Bunu günümüzdeki popüler müzik için yorumlayacak olsanız…
Zamanımızda renkler, çeşitlilik çok fazla. Hızlı tüketim müzikte de geçerli. Uzun ömürlü olmak bu şartlarda pek kolay değil takdir edersiniz. Yıllar öncesinde yaptığı ilk albümü bugün tekrar talep görmüş bir şarkıcı olarak müzisyen arkadaşlarımın kariyerlerinin de uzun ömürlü olmasını dilerim. Adı pop müzik olsa da çabuk tüketilmeyen şarkılar var. Bir de o yılların duygusuna fon müziği olmuş şarkılar bunlar. Bunu da göz ardı etmeyelim.

EUROVISION’A ÖZEL İZİNLE KATILDIM

32 yıllık sanat yaşamınıza birçok albüm ve oyunculuk tecrübesi sığdırdınız. Kendinizi hangi anlamda daha tatmin olmuş hissediyorsunuz?

Tabii ki Güzel Sanatlar Yüksek Okulu'nu bitirmeden önce staj yaptığım Yıldız Porselen'de devlet memuru statüsüyle 6 yıl desinatörlük yaptım. Görev yaptığım sırada Eurovision devreye girince özel izinle yarışmaya katıldım. Çalıştığım için müzikle sadece dinleyici olarak ilgiliydim.

Ne zaman ki müzik aşkım depreşti. O yıllarda gazete ve dergilerde "Sesler renkleri yendi" başlıkları atıldı. Yaptığım her işte tatmin noktalarım mevcuttu. Sevmediğim hiçbir oluşumda yer almadım.

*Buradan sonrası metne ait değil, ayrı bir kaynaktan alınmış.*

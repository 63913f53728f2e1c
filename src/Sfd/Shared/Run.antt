-- ===== src/Sfd/Shared/Run.antt =====
-- What every operation on the objects keeps.
use knowledge_acquisition.Prelude.{
  get_elem?-set_here, ℕ, suc, ◌+◌, ◌<◌, ◌≤◌, ◌≡◌, ◌≢◌, inl, inr, refl, sym, ap, ◌∙◌, arith, Option,
  none, some, List, [], ◌∷◌, ◌++◌, length, length-set, length-append, get_elem?, set, All-append,
  total-append, total-set, ◌==◌, Bool-cases, Option-cases,
}
use knowledge_acquisition.Sfd.Registry.{Slot, size_mod}
use knowledge_acquisition.Sfd.Registry.Direct.{Counts, length-retain}
use knowledge_acquisition.Sfd.Shared.{
  Shared, World, retain_fd, construct, copy, reset, take_copy, copy_assign, move, take_move,
  move_assign,
}
use knowledge_acquisition.Sfd.Shared.Counting.{
  Counts-cong, holding, Fits, holders, holders-le, IsCounted, construct-IsCounted, Fits-at,
  Fits-set, vacant_set,
}
use knowledge_acquisition.Sfd.Shared.Closing.{ClosesLost, same-ClosesLost, Vacates, reset-Vacates}
use knowledge_acquisition.Sfd.Shared.Steps.{
  copied, copied-IsCounted, moved, holders-moved, moved-IsCounted, occupied_set,
}

length-retain_fd :
    (held : Option ℕ) (registry : List Slot) (live : ℕ → ℕ)
    → Counts registry live
    → Fits (length registry) held
    → ((d : ℕ) → suc (live d) < size_mod)
    → length (retain_fd held registry) ≡ length registry
length-retain_fd none registry live c f b = refl
length-retain_fd (some fd) registry live c f b = length-retain registry live fd c f (b fd)

module _ {ℓ} {C : Type ℓ} where
  -- What holds after an operation, if its objects are there.
  abbrev pub Keeps : World C → Option (World C) → Type ℓ
  Keeps w none = Unit {ℓ}
  Keeps w (some w') =
      IsCounted w'
      × ClosesLost w w'
      × (length w'.registry ≡ length w.registry)
      × (length w'.objects ≤ suc (length w.objects))

  pub reset-Keeps : (i : ℕ) (w : World C) → IsCounted w → Keeps w (reset i w)
  unfolding reset
  reset-Keeps i w v = elim (Option-cases (get_elem? w.objects i)) [
    | inl n ↦ rw (n, reset) tt
    | inr (object, n) ↦
        let (w', x) = reset-Vacates i object w v n in
        let l = length-set w.objects i (record object { fd = none }) in
        rw x.done (x.counted, x.closes, x.slots, omega (arith, ap length x.objects, l))
  ]

  length-construct :
      (fd : Option ℕ) (ctx : C) (w : World C)
      → IsCounted w
      → Fits (length w.registry) fd
      → suc (length w.objects) < size_mod
      → length (construct fd ctx w).registry ≡ length w.registry
  unfolding construct
  length-construct none ctx w v f b = refl
  length-construct (some fd) ctx w v f b =
      length-retain w.registry (λ d. holders d w.objects) fd v.counts f
        (omega (arith, holders-le fd w.objects))

  pub construct-Keeps :
      (fd : Option ℕ) (ctx : C) (w : World C)
      → IsCounted w
      → Fits (length w.registry) fd
      → suc (length w.objects) < size_mod
      → Keeps w (some (construct fd ctx w))
  unfolding construct
  construct-Keeps fd ctx w v f b =
      let object : Shared C = record { fd = fd; ctx = ctx } in
      (
        construct-IsCounted fd ctx w v f b,
        same-ClosesLost w (construct fd ctx w) refl (λ d.
            omega (arith, total-append (λ (o : Shared C). holding d o.fd) w.objects (object ∷ []))),
        length-construct fd ctx w v f b,
        omega (arith, length-append w.objects (object ∷ [])),
      )

  pub copy-Keeps :
      (other : ℕ) (w : World C)
      → IsCounted w
      → suc (length w.objects) < size_mod
      → Keeps w (copy other w)
  unfolding copy
  copy-Keeps other w v b = elim (Option-cases (get_elem? w.objects other)) [
    | inl n ↦ rw (n, copy) tt
    | inr (object, n) ↦
        rw (n, copy)
          (construct-Keeps object.fd object.ctx w v
            (Fits-at (length w.registry) w.objects other object v.fit n) b)
  ]

  -- Nothing changes when an object is assigned to itself.
  same-Keeps : (w : World C) → IsCounted w → Keeps w (some w)
  same-Keeps w v = (v, same-ClosesLost w w refl (λ d. omega arith), refl, omega arith)

  holding_at :
      (d : ℕ) (objects : List (Shared C)) (j : ℕ) (object : Shared C)
      → get_elem? objects j ≡ some object
      → holding d object.fd ≤ holders d objects
  holding_at d objects j object e =
      let t = vacant_set d objects j object object.fd e refl in omega arith

  reset-none : (i : ℕ) (w : World C) → get_elem? w.objects i ≡ none → reset i w ≡ none
  unfolding reset
  reset-none i w n = rw (n, reset) refl

  vacated :
      (i : ℕ) (vacant : Shared C) (w w' : World C)
      → Vacates i vacant w w'
      → get_elem? w.objects i ≡ some vacant
      → get_elem? w'.objects i ≡ some (record vacant { fd = none })
  vacated i vacant w w' x n =
      ap (λ (os : List (Shared C)). get_elem? os i) x.objects
      ∙ get_elem?-set_here w.objects i vacant (record vacant { fd = none }) n

  -- What follows `reset` in an assignment.
  then-Keeps :
      (w w' w'' : World C)
      → ClosesLost w w'
      → (length w'.registry ≡ length w.registry)
      → (length w'.objects ≡ length w.objects)
      → IsCounted w''
      → w''.closed ≡ w'.closed
      → (length w''.registry ≡ length w'.registry)
      → (length w''.objects ≡ length w'.objects)
      → ((d : ℕ) → holders d w'.objects ≤ holders d w''.objects)
      → ((d : ℕ) → holders d w''.objects ≤ holders d w'.objects + holders d w'.objects)
      → Keeps w (some w'')
  unfolding ClosesLost
  then-Keeps w w' w'' c r o v e s p low high = (
    v,
    (λ d. let k = c d in let l = low d in let h = high d in rw e (ground arith)),
    s ∙ r,
    omega arith,
  )

  take_copy-Keeps :
      (i other : ℕ) (vacant object : Shared C) (w w' : World C)
      → Vacates i vacant w w'
      → get_elem? w'.objects i ≡ some (record vacant { fd = none })
      → get_elem? w'.objects other ≡ some object
      → suc (length w.objects) < size_mod
      → Keeps w (some (copied i object object.fd w'))
  unfolding copied
  take_copy-Keeps i other vacant object w w' x e g b =
      let fit = Fits-at (length w'.registry) w'.objects other object x.counted.fit g in
      let l = ap length x.objects ∙ length-set w.objects i (record vacant { fd = none }) in
      let few : (d : ℕ) → suc (holders d w'.objects) < size_mod =
        λ d. omega (arith, l, holders-le d w'.objects) in
      let h = λ (d : ℕ).
        occupied_set d w'.objects i (record vacant { fd = none }) object object.fd e refl refl in
      then-Keeps w w' (copied i object object.fd w') x.closes x.slots l
        (copied-IsCounted i (record vacant { fd = none }) object w' object.fd x.counted e refl fit
          refl)
        refl
        (length-retain_fd object.fd w'.registry (λ d. holders d w'.objects) x.counted.counts fit
          few)
        (length-set w'.objects i object) (λ d. omega (arith, h d))
        (λ d. omega (arith, h d, holding_at d w'.objects other object g))

  take_move-Keeps :
      (i other : ℕ) (vacant object rest : Shared C) (w w' : World C)
      → Vacates i vacant w w'
      → i ≢ other
      → get_elem? w'.objects i ≡ some (record vacant { fd = none })
      → get_elem? w'.objects other ≡ some object
      → rest.fd ≡ none
      → Keeps w (some (moved i other object rest w'))
  unfolding moved
  take_move-Keeps i other vacant object rest w w' x n e g r =
      let l = ap length x.objects ∙ length-set w.objects i (record vacant { fd = none }) in
      let h = λ (d : ℕ).
        holders-moved d w' i other (record vacant { fd = none }) object rest n e refl g r in
      then-Keeps w w' (moved i other object rest w') x.closes x.slots l
        (moved-IsCounted w' i other (record vacant { fd = none }) object rest x.counted n e refl g
          r)
        refl refl (length-set (set w'.objects i object) other rest ∙ length-set w'.objects i object)
        (λ d. let k = h d in omega arith) (λ d. let k = h d in omega arith)

  pub copy_assign-Keeps :
      (i other : ℕ) (w : World C)
      → IsCounted w
      → suc (length w.objects) < size_mod
      → Keeps w (copy_assign i other w)
  unfolding copy_assign copied
  copy_assign-Keeps i other w v b = elim (Bool-cases (i == other)) [
    | inl t ↦ rw (t, copy_assign) (same-Keeps w v)
    | inr t ↦ elim (Option-cases (get_elem? w.objects i)) [
      | inl n ↦ rw (t, reset-none i w n, copy_assign) tt
      | inr (vacant, n) ↦
          let (w', x) = reset-Vacates i vacant w v n in
          let e = vacated i vacant w w' x n in
          elim (Option-cases (get_elem? w'.objects other)) [
            | inl g ↦ rw (t, x.done, copy_assign) (rw (g, take_copy) tt)
            | inr (object, g) ↦
                rw (t, x.done, copy_assign)
                  (rw (g, take_copy) (take_copy-Keeps i other vacant object w w' x e g b))
          ]
    ]
  ]

  pub move_assign-Keeps :
      (left : C → C) (i other : ℕ) (w : World C)
      → IsCounted w
      → Keeps w (move_assign left i other w)
  unfolding move_assign moved
  move_assign-Keeps left i other w v = elim (Bool-cases (i == other)) [
    | inl t ↦ rw (t, move_assign) (same-Keeps w v)
    | inr t ↦ elim (Option-cases (get_elem? w.objects i)) [
      | inl n ↦ rw (t, reset-none i w n, move_assign) tt
      | inr (vacant, n) ↦
          let (w', x) = reset-Vacates i vacant w v n in
          let e = vacated i vacant w w' x n in
          let ne : i ≢ other = λ q. ground arith in
          elim (Option-cases (get_elem? w'.objects other)) [
            | inl g ↦ rw (t, x.done, move_assign) (rw (g, take_move) tt)
            | inr (object, g) ↦
                rw (t, x.done, move_assign)
                  (rw (g, take_move)
                    (take_move-Keeps i other vacant object
                      (record { fd = none; ctx = left object.ctx }) w w' x ne e g refl))
          ]
    ]
  ]

  moved_sum :
      (d : ℕ) (objects : List (Shared C)) (other : ℕ) (object rest : Shared C)
      → get_elem? objects other ≡ some object
      → rest.fd ≡ none
      → holders d (set objects other rest ++ (object ∷ [])) ≡ holders d objects
  moved_sum d objects other object rest e r =
      let t = total-set (λ (o : Shared C). holding d o.fd) objects other object rest e in
      let u =
        total-append (λ (o : Shared C). holding d o.fd) (set objects other rest) (object ∷ []) in
      let z : holding d rest.fd ≡ 0 = ap (holding d) r in omega arith

  pub move-Keeps :
      (left : C → C) (other : ℕ) (w : World C)
      → IsCounted w
      → suc (length w.objects) < size_mod
      → Keeps w (move left other w)
  unfolding move
  move-Keeps left other w v b = elim (Option-cases (get_elem? w.objects other)) [
    | inl n ↦ rw (n, move) tt
    | inr (object, n) ↦
        let rest : Shared C = record { fd = none; ctx = left object.ctx } in
        let fit = Fits-at (length w.registry) w.objects other object v.fit n in
        let h = λ (d : ℕ). moved_sum d w.objects other object rest n refl in
        let l : length (set w.objects other rest ++ (object ∷ [])) ≡ suc (length w.objects) =
          omega (
            arith,
            length-append (set w.objects other rest) (object ∷ []),
            length-set w.objects other rest,
          ) in
        rw (n, move)
          (
            record {
              counts = Counts-cong w.registry _ _ (λ d. sym (h d)) v.counts;
              fit =
                  All-append _ (set w.objects other rest) (object ∷ [])
                    (Fits-set (length w.registry) w.objects other rest v.fit tt) (fit, tt);
              few = omega arith;
            },
            same-ClosesLost w _ refl (λ d. omega (arith, h d)),
            refl,
            omega arith,
          )
  ]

Sanatımdan ziyade ev kadınlığıma müthiş etkileri oldu. Çulun çaputun önemsizliğini hiç bu kadar şiddetli hissetmemiştim. Evde kaldığımız dönemlerde evde ne kadar çok yapılması gereken iş olduğunu da hep beraber görmüş olduk. Bir şekil eyliyoruz kendimizi. Bu beladan kurtulacağımız zamanı ümitle bekliyoruz. Öyle kolay olmayacak. Kişinin kendi hayatını tehlikeye sokan sorumsuzluk örneklerini her geçen gün ibretle seyrederken başkasını düşünmesini beklemek safdillik olur. Yazık ama gerçek.

SİSTEM UĞRUNA CAN HAVLİYLE HAREKET EDİLİYOR

Önümüzdeki günlere dair planlarınız var mı?

Önümüzü görebildiğimizi düşünmüyorum. Sektörün temsilcileri sistemin ve kişisel çıkarların dönebilmesi adına can havliyle hareket ediyor. Yaşamları sürdürmek için başka çare de yok. Kolaylıkla, sağlıkla ilerlemelerini dilerim. Yaşlı bir annem var. Azami dikkat gösteriyorum.

Genel anlamda ise milletin virüs bitmiş, gitmiş gibi son derece rahat ve eskisi gibi takılmasını anlayabilmiş değilim. ‘Yeni normal’ falan diye bir şey de yok. Zira normal olan bir durum yok ki ‘yeni’sinden söz etmek mümkün olabilsin. Allah'tan yalnız değilim bu düşüncede. Ve iyi ki tabii. De kurunun yanında yaşın yanma hadisesinin sorumluluğunu alacak kimse de yok. Zira herkese uyan tek bir formül yok. Ve herkes kendi hayatı kadar başkasının hayatından da sorumlu.